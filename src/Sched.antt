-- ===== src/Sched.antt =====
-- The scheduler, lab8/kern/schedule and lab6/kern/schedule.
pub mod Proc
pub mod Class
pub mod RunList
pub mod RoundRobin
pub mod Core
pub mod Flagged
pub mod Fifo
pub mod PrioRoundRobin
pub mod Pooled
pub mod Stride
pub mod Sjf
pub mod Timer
= = = =
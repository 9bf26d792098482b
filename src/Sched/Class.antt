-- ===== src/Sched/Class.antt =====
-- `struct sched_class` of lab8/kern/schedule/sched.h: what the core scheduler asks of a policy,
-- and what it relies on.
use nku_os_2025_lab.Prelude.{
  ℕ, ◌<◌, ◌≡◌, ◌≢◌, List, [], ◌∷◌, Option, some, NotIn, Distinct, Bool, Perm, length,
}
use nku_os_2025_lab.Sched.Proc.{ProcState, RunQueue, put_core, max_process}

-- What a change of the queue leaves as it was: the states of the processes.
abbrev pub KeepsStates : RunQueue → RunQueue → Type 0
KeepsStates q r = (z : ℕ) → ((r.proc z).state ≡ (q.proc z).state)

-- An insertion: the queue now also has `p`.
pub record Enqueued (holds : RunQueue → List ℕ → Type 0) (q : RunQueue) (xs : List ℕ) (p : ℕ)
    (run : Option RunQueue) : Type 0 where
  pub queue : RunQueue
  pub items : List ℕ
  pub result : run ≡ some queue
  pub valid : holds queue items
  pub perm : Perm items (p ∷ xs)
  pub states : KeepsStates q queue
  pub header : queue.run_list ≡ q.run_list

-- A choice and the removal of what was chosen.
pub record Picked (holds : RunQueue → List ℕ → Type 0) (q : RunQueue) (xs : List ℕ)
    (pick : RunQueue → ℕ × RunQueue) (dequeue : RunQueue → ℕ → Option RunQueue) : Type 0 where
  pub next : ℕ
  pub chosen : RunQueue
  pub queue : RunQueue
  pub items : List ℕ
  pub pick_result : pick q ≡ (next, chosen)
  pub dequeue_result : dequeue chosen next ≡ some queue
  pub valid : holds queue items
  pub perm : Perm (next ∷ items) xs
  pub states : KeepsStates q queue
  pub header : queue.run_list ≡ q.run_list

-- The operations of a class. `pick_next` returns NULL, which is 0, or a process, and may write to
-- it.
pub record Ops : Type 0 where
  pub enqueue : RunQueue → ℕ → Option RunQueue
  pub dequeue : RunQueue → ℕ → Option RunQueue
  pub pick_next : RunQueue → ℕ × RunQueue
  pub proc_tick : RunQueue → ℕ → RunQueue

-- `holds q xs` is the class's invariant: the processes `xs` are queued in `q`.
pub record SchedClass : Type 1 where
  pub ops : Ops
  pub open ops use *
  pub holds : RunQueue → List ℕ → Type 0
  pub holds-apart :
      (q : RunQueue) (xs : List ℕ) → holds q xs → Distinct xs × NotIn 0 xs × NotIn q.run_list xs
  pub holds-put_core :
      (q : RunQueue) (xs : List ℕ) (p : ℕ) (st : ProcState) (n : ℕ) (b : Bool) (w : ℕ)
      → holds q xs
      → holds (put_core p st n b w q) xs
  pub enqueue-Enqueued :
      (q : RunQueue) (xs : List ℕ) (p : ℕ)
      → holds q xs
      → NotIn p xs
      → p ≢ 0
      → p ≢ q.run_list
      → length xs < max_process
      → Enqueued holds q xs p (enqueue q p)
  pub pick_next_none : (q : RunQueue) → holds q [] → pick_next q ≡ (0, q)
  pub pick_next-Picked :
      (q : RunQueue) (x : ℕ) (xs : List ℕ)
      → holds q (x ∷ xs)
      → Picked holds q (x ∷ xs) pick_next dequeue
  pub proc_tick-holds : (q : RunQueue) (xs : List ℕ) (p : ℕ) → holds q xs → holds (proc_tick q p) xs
= = = =
### Task goal
The expected result is every line from the material above that includes "Distinct".

### Task response
  ℕ, ◌<◌, ◌≡◌, ◌≢◌, List, [], ◌∷◌, Option, some, NotIn, Distinct, Bool, Perm, length,
      (q : RunQueue) (xs : List ℕ) → holds q xs → Distinct xs × NotIn 0 xs × NotIn q.run_list xs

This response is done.